# Acetylene setups



## AndyWilliams (May 31, 2013)

Hi all,

The guy up the street was a welder and is selling off his equipment at a garage sale. I took a couple of pics and am wondering which pieces I should consider buying. The large pieces are 20 dollars and the bits are 2 and 3 dollars. I'm looking to move from MAPP to a full-blown setup.


----------



## philddreamer (May 31, 2013)

If you're moving up to oxy/acet you'll need regularors! $20.00 for those, if they work, are a "steal"! 
Phil


----------



## kane333 (May 31, 2013)

I see one Victor Gauge that's marked $10.00. Not sure if it's the Acetylene or Oxygen gauge though. The trouble with purchasing used gauges is, no guarantee they will be accurate or even work without a rebuild. Gauges can be high dollar and so will the rebuilds. 

What manufacturers are the torch handles? One thing, none of the torch handles have Flash Arrestors. Flash Arrestors are recommended.

Tips you can get on Ebay for $5-10, free shipping. I'd offer him $70 for the box, see if he bites.
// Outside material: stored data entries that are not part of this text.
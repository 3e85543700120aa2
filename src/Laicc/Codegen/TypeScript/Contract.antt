-- ===== src/Laicc/Codegen/TypeScript/Contract.antt =====
-- crates/laicc/src/codegen/typescript_contract.rs: classes, error enums, and the whole generated file.
use laic.Prelude.{ℕ, String, Option, none, some, List, [], ◌∷◌, ◌++◌}
use laic.Prelude.Detail.{Detail, text, dec}
use laic.Laicc.Ast.{Literal, FieldDef, StructDef, ErrorVariant, SkillDef, LaicFile}
use laic.Laicc.Codegen.Emitted.{for_each}
use laic.Laicc.Codegen.Text.{typescript_string_literal, pascal}
use laic.Laicc.Codegen.TypeScript.Types.{ts_type, literal_to_ts}
use laic.Laicc.Codegen.TypeScript.Serialize.{generate_to_ipc}
use laic.Laicc.Codegen.TypeScript.Deserialize.{generate_from_ipc}

-- The functions that every generated file starts with.
unfoldable pub append_file_helpers : Detail
append_file_helpers =
    text "function laicSchemaMetadata(schema: any): Map<string, string> {\n"
    ∷ text "  return (schema.metadata ?? new Map()) as Map<string, string>;\n"
    ∷ text "}\n\n"
    ∷ text "function laicFieldMetadata(field: any): Map<string, string> {\n"
    ∷ text "  return (field.metadata ?? new Map()) as Map<string, string>;\n"
    ∷ text "}\n\n"
    ∷ text
        "function laicAssertMetadata(metadata: Map<string, string>, key: string, expected: string): void {\n"
    ∷ text "  const actual = metadata.get(key);\n"
    ∷ text "  if (actual === undefined) {\n"
    ∷ text "    throw new Error(`missing required metadata key '${key}'`);\n"
    ∷ text "  }\n"
    ∷ text "  if (actual !== expected) {\n"
    ∷ text
        "    throw new Error(`metadata '${key}' mismatch: expected '${expected}', got '${actual}'`);\n"
    ∷ text "  }\n"
    ∷ text "}\n\n"
    ∷ text
        "function laicAssertFieldType(field: any, fieldName: string, expectedType: any): void {\n"
    ∷ text "  const actual = field.type.toString();\n"
    ∷ text "  const expected = expectedType.toString();\n"
    ∷ text "  if (actual !== expected) {\n"
    ∷ text
        "    throw new Error(`field '${fieldName}': expected type ${expected}, got ${actual}`);\n"
    ∷ text "  }\n"
    ∷ text "}\n\n"
    ∷ text
        "function laicParseTensorShape(fieldName: string, metadata: Map<string, string>): number[] {\n"
    ∷ text "  const raw = metadata.get(\"laic.tensor.shape\");\n"
    ∷ text "  if (raw === undefined) {\n"
    ∷ text "    throw new Error(`field '${fieldName}': missing tensor shape metadata`);\n"
    ∷ text "  }\n"
    ∷ text "  const body = raw.trim().slice(1, -1).trim();\n"
    ∷ text "  if (body.length === 0) {\n"
    ∷ text "    return [];\n"
    ∷ text "  }\n"
    ∷ text "  return body.split(\",\").map((part) => {\n"
    ∷ text "    const value = Number.parseInt(part.trim(), 10);\n"
    ∷ text "    if (Number.isNaN(value)) {\n"
    ∷ text
        "      throw new Error(`field '${fieldName}': invalid tensor shape metadata '${raw}'`);\n"
    ∷ text "    }\n"
    ∷ text "    return value;\n"
    ∷ text "  });\n"
    ∷ text "}\n\n"
    ∷ text
        "function laicAssertTensorMetadata(field: any, fieldName: string, expectedDtype: string, expectedShape: number[]): void {\n"
    ∷ text "  const metadata = laicFieldMetadata(field);\n"
    ∷ text "  laicAssertMetadata(metadata, \"laic.tensor.dtype\", expectedDtype);\n"
    ∷ text "  const actualShape = laicParseTensorShape(fieldName, metadata);\n"
    ∷ text "  if (actualShape.length !== expectedShape.length) {\n"
    ∷ text
        "    throw new Error(`field '${fieldName}': expected ${expectedShape.length} dimensions, got ${actualShape.length}`);\n"
    ∷ text "  }\n"
    ∷ text "  for (let index = 0; index < expectedShape.length; index += 1) {\n"
    ∷ text "    const expectedDim = expectedShape[index]!;\n"
    ∷ text "    if (expectedDim !== 0 && actualShape[index] !== expectedDim) {\n"
    ∷ text
        "      throw new Error(`field '${fieldName}': dim ${index} expected ${expectedDim}, got ${actualShape[index]}`);\n"
    ∷ text "    }\n"
    ∷ text "  }\n"
    ∷ text "}\n\n"
    ∷ []

abbrev pub enum_variant : ErrorVariant → Detail
enum_variant variant =
    text "  " ∷ text variant.name ∷ text " = " ∷ dec variant.code ∷ text ",\n" ∷ []

unfoldable pub generate_error_enum : SkillDef → Detail
generate_error_enum skill =
    text "export enum " ∷ pascal skill.name
    ++ text "Error {\n" ∷ for_each enum_variant skill.errors
    ++ text "}\n" ∷ []

-- `if !skill.errors.is_empty()`
abbrev pub error_enum : SkillDef → List ErrorVariant → Detail
error_enum skill [] = []
error_enum skill (_ ∷ _) = generate_error_enum skill ++ text "\n" ∷ []

module _ (show_float : ℕ → List ℕ) where
  abbrev pub parameter : FieldDef → Option Literal → Detail
  parameter field (some default) =
      text "    public readonly " ∷ text field.name ∷ text ": " ∷ ts_type field.ty
      ++ text " = " ∷ literal_to_ts show_float default field.ty
      ++ text ",\n" ∷ []
  parameter field none =
      text "    public readonly " ∷ text field.name ∷ text ": " ∷ ts_type field.ty
      ++ text ",\n" ∷ []

  abbrev pub constructor_parameter : FieldDef → Detail
  constructor_parameter field = parameter field field.default

  unfoldable pub generate_class : SkillDef → StructDef → String → String → Detail
  generate_class skill def direction version =
      text "export class "
        ∷ text def.name
        ∷ text " {\n"
        ∷ text "  static readonly SKILL_ID = "
        ∷ typescript_string_literal skill.id
      ++ text ";\n" ∷ text "  static readonly VERSION = " ∷ typescript_string_literal version
      ++ text ";\n"
        ∷ text "  static readonly DIRECTION = \""
        ∷ text direction
        ∷ text "\";\n\n"
        ∷ text "  constructor(\n"
        ∷ for_each constructor_parameter def.fields
      ++ text "  ) {}\n\n" ∷ generate_to_ipc skill def direction version
      ++ generate_from_ipc show_float def skill.id version direction
      ++ text "}\n" ∷ []

  abbrev pub generate_skill : String → SkillDef → Detail
  generate_skill version skill =
      generate_class skill skill.input "input" version
      ++ text "\n" ∷ generate_class skill skill.output "output" version
      ++ text "\n" ∷ error_enum skill skill.errors

  unfoldable pub generate_typescript : LaicFile → Detail
  generate_typescript file =
      text "// Generated by laicc - DO NOT EDIT.\n\n"
        ∷ text "import * as arrow from \"apache-arrow\";\n\n"
        ∷ append_file_helpers
      ++ for_each (generate_skill file.version) file.skills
The extra torch handles you don't want or need, clean up on a buffing wheel, shine em up real good and resell.

Check out prices for sold Acetylene torches on Ebay. There appears to be good items in that box. Victor, Harris, Smith, Prest-O-Lite, Turbo Torch, Uniweld, Purox, are all good torch sets with Victor and Harris being top of the line. I personally have a Victor Series 315FC w/T4E4 tip setup.


----------



## element47.5 (May 31, 2013)

Ehhhh. By the time you buy new hoses and the flash preventers, you're not saving much money over what you'd get in a brand new kit. I recognize the Victor regulator, but it's only a single stage and looks to be pretty old. I do not recognize the mfr of the handles...make sure you can get tips for that handle, if you can't, you're "hosed". The "Radnor" and "Concor" regulators....these are import brands which would work fine for you, but forgive me, this looks like a junkbox pile of old stuff. 

I strongly believe you would be better off buying a used rig in good condition from someone who also has the tanks and getting something in better shape, and maybe you get a cart to move them around in or otherwise assist in keeping them upright which is VERY important. Know that you're still going to have to buy the gas botttles, yes? Those are either ownership items or rentals...but my point is 1: There is utterly no shortage of this stuff used, and plenty of it is in MUCH better condition. 2: This gear does not appear to be in good condition except for the new swap-in import regulators. This is a clue...he swapped in newer regs...the old ones must be shot....so in what condition are the torch handles? 3: What is there looks really, really used. There may be safety issues with how much that stuff has been used. Where are the hoses? You can tell a lot about the general condition of the rig by looking at the condition of the hoses. 4: You are better off buying a "whole kit" with ALL the pieces (you are still going to have to buy propane tips, no doubt, but those are cheap) instead of all the individual doodads piece by piece...and under those circumstances, maybe you get a better deal, on better-shape gear, with tanks (big expense) and cart, and you don't have to go buy "fill in" pieces at new retail which kills whatever deal you think ar getting a la carte on the bits and pieces. And you avoid the issue of mishmosh of brands, have to go here for a reg repair, have to go there for a new tip. 

I would avoid that pile


----------



## Geo (Jun 1, 2013)

my torch looks worse.regulators,hose and torch (and of coarse gas) is all that makes the rig.the fuel regulator will have a male nut and the oxygen will have a female nut.a cutting torch will work to melt in a dish and pretty handy turning big things into little things.i use a victor rig and cutting tip. back-flow preventer is a good safety measure but the torch can still be used without them. it looks like the big torch in the middle already has them installed.


----------



## rusty (Jun 1, 2013)

Offer $50.00 take the lot, inbeween the torches looks like a small rose bud for the cutting torch.

I purchased my Harris 45 years ago and just recently had a tune up done on it.


----------



## butcher (Jun 1, 2013)

I would buy the lot for $50.00, I see a lot of useful tools there.


----------



## AndyWilliams (Jun 1, 2013)

Thanks for all the input, I think I'll go up and see where he's at on price. If he's unwilling, I'll check again tomorrow when his garage sale is ending, I figure he'll be in a mood to sell at that point.


----------